Untuk bendera negara yang terdiri dari merah-putih, oleh penyuka teori-teori secret society, symbology, elite system, dan sebagainya. Merah-putih merupakan alegori mistik lambang papan catur hitam-putih dalam tradisi Freemason yang ide dasarnya diambil dari floor checkered. Bentuk alegori lainnya seperti biru-putih pada bendera Israel. Dan masih banyak lagi hidangan permainan simbol semacam ini, terutama yang diperuntukkan bagi Indonesia dan pondasi-pondasi negaranya.

So what? Apakah rakyat negeri ini akan terus mau diombang-ambingkan dalam sebuah simulasi realitas yang penuh pertarungan sistem tanda ini. Antara masing-masing komunitas saling bersaing dengan produksi kultural mereka. Tapi pertanyaannya adalah apakah kita mau menyerahkan diri untuk sengaja berada dalam kondisi kefanatikan terhadap masing-masing pihak atau kepentingan yang kita bela atau yakini? Seperti kondisi di era perang dingin antara Sekutu dan Soviet, kita dipaksa memilih dua kekuatan dan dipaksa menjadi fanatik membela masing-masing pihak. Sekarang pun polanya sama atau sengaja dibiarkan sama, agar orang-orang yang menganggap diri mereka elit dari tiap kelompok dapat menjaring pengikut sebanyak-banyaknya demi menggolkan kepentingan mereka.

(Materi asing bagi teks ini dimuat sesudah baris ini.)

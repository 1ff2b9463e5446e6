-- ===== src/NeonClone/Address.antt =====
-- The addresses of a clone (tools/neonclone.py).
use sunstorm_xactserver.Base.{
  ℕ, ◌+◌, ◌≡◌, refl, ◌∙◌, ap, ◌<>◌, String, true, Option, none, some, List, [], ◌∷◌, map, arith,
  ◌==◌, string_eq, if◌then◌else◌,
}
use sunstorm_xactserver.Base.Number.{all_digits-show, int-show}
use sunstorm_xactserver.Base.Result.{ok}
use sunstorm_xactserver.Base.Split.{lacks, split_two, lacks_of_digits}
use sunstorm_xactserver.Base.Text.{show}
use sunstorm_xactserver.NeonClone.{
  PageserverToml, Safekeeper, Config, NeonDir, join_address, bump_port, change_parts, change_addr,
  edit_pageserver, edit_config, edit_ports, edit_configs,
}

-- `host:port`
abbrev pub address : String → ℕ → String
address host port = host <> String.◌∷◌ ":" (show port)

-- The host that is given, if it is not empty, or else the old one.
abbrev pub new_host : Option String → String → String
new_host none host = host
new_host (some given) host = if given == "" then host else given

join_address-address :
    (hostname : Option String) (host : String) (port : ℕ)
    → join_address hostname host port ≡ address (new_host hostname host) port
join_address-address none host port = refl
join_address-address (some given) host port = refl

-- A safekeeper with its ports moved up.
abbrev pub moved_up : ℕ → Safekeeper → Safekeeper
moved_up ordinal sk = record {
  id = sk.id;
  http_port = sk.http_port + ordinal;
  pg_port = sk.pg_port + ordinal;
}

edit_ports-map :
    (ordinal : ℕ) (sks : List Safekeeper) → edit_ports ordinal sks ≡ map (moved_up ordinal) sks
unfolding edit_ports
edit_ports-map ordinal [] = refl
edit_ports-map ordinal (sk ∷ sks) =
    ap (λ rest. moved_up ordinal sk ∷ rest) (edit_ports-map ordinal sks)

-- An address is taken apart and put together: the port goes up by the offset, and the host is the
-- one that is given, if it is not empty.
change_addr-address :
    (ordinal : ℕ) (hostname : Option String) (host : String) (port : ℕ)
    → lacks b':' host ≡ true
    → change_addr ordinal hostname (address host port)
      ≡ ok (address (new_host hostname host) (port + ordinal))
unfolding change_addr
change_addr-address ordinal hostname host port h =
    ap (λ parts. change_parts ordinal hostname parts)
      (split_two b':' ":" host (show port) h
        (lacks_of_digits b':' (show port) (omega arith) (all_digits-show port)) refl)
    ∙ ap (λ o. bump_port ordinal hostname host o) (int-show port)
    ∙ ap ok (join_address-address hostname host (port + ordinal))

edit_pageserver-address :
    (ordinal : ℕ) (hostname : Option String) (host : String) (http pg : ℕ) (t : PageserverToml)
    → lacks b':' host ≡ true
    → t.listen_http_addr ≡ address host http
    → t.listen_pg_addr ≡ address host pg
    → edit_pageserver ordinal hostname t
      ≡ ok (record {
        listen_http_addr = address (new_host hostname host) (http + ordinal);
        listen_pg_addr = address (new_host hostname host) (pg + ordinal);
        id = t.id + ordinal;
      })
unfolding edit_pageserver
edit_pageserver-address ordinal hostname host http pg t h e e' = rw (
  ap (change_addr ordinal hostname) e ∙ change_addr-address ordinal hostname host http h,
  ap (change_addr ordinal hostname) e' ∙ change_addr-address ordinal hostname host pg h,
)

edit_config-address :
    (ordinal : ℕ) (hostname : Option String) (host : String) (xact : ℕ) (c : Config)
    → lacks b':' host ≡ true
    → c.xactserver_listen_pg_addr ≡ address host xact
    → (edited : PageserverToml)
    → edit_config ordinal hostname edited c
      ≡ ok (record {
        pageserver = edited;
        xactserver_listen_pg_addr = address (new_host hostname host) (xact + ordinal);
        safekeepers = map (moved_up ordinal) c.safekeepers;
      })
unfolding edit_config
edit_config-address ordinal hostname host xact c h e edited = rw (
  ap (change_addr ordinal hostname) e ∙ change_addr-address ordinal hostname host xact h,
  edit_ports-map ordinal c.safekeepers,
)

-- The addresses that `edit_configs` takes apart.
pub record HasAddresses (neon : NeonDir) (host : String) (http pg xact : ℕ) : Type 0 where
  pub host_lacks : lacks b':' host ≡ true
  pub http_addr : neon.pageserver_toml.listen_http_addr ≡ address host http
  pub pg_addr : neon.pageserver_toml.listen_pg_addr ≡ address host pg
  pub xact_addr : neon.config.xactserver_listen_pg_addr ≡ address host xact

-- With addresses of the form `host:port` and no colon in the host, the edit succeeds. The host
-- becomes the one that is given, if it is not empty; the ports of the pageserver, the xactserver and
-- the safekeepers and the id of the pageserver go up by the offset; the safekeepers' ids do not
-- change, and the two files agree on the pageserver, whatever `config` said of it before.
pub edit_configs_lem :
    (ordinal : ℕ) (hostname : Option String) (neon : NeonDir) (host : String) (http pg xact : ℕ)
    → HasAddresses neon host http pg xact
    → let edited : PageserverToml = record {
      listen_http_addr = address (new_host hostname host) (http + ordinal);
      listen_pg_addr = address (new_host hostname host) (pg + ordinal);
      id = neon.pageserver_toml.id + ordinal;
    } in
      edit_configs ordinal hostname neon ≡ (
        ok tt,
        record neon {
          pageserver_toml = edited;
          config = record {
            pageserver = edited;
            xactserver_listen_pg_addr = address (new_host hostname host) (xact + ordinal);
            safekeepers = map (moved_up ordinal) neon.config.safekeepers;
          };
        },
      )
unfolding edit_configs
edit_configs_lem ordinal hostname neon host http pg xact h =
    let edited : PageserverToml = record {
      listen_http_addr = address (new_host hostname host) (http + ordinal);
      listen_pg_addr = address (new_host hostname host) (pg + ordinal);
      id = neon.pageserver_toml.id + ordinal;
    } in
    let first =
      edit_pageserver-address ordinal hostname host http pg neon.pageserver_toml h.host_lacks
        h.http_addr h.pg_addr in
    let second =
      edit_config-address ordinal hostname host xact neon.config h.host_lacks h.xact_addr edited in
    rw (first, edit_configs, second)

Sedangkan dalam arena pertarungan berbentuk elips bernama Bumi ini, manusia bisa menggunakan segala macam cara, baik persuasif maupun represif. Perang simbol atau perang senjata api. Entah kondisi hiperrealitas ini akan membawa manusia, terlebih orang-orang Indonesia ke arah mana. Tetapi biasanya orang yang terus bergantung pada sistem elitis, yakni menganggap elit (mensakralisasi) orang lain, atau institusi seperti lembaga politik atau agama, organisasi rahasia atau organisasi massa, tokoh-tokoh tertentu, dan sebagainya. Maka tujuan hidupnya cuma satu, berusaha masuk dalam lingkaran elit tersebut meski dengan segala cara ditempuhnya.

Nasib sebagai rakyat kebudayaan pinggiran, jadi terombang-ambing antara satu kebudayaan besar satu ke kebudayaan besar lain. Kapan ya jadi pemilik kebudayaan besar yang mempengaruhi dunia?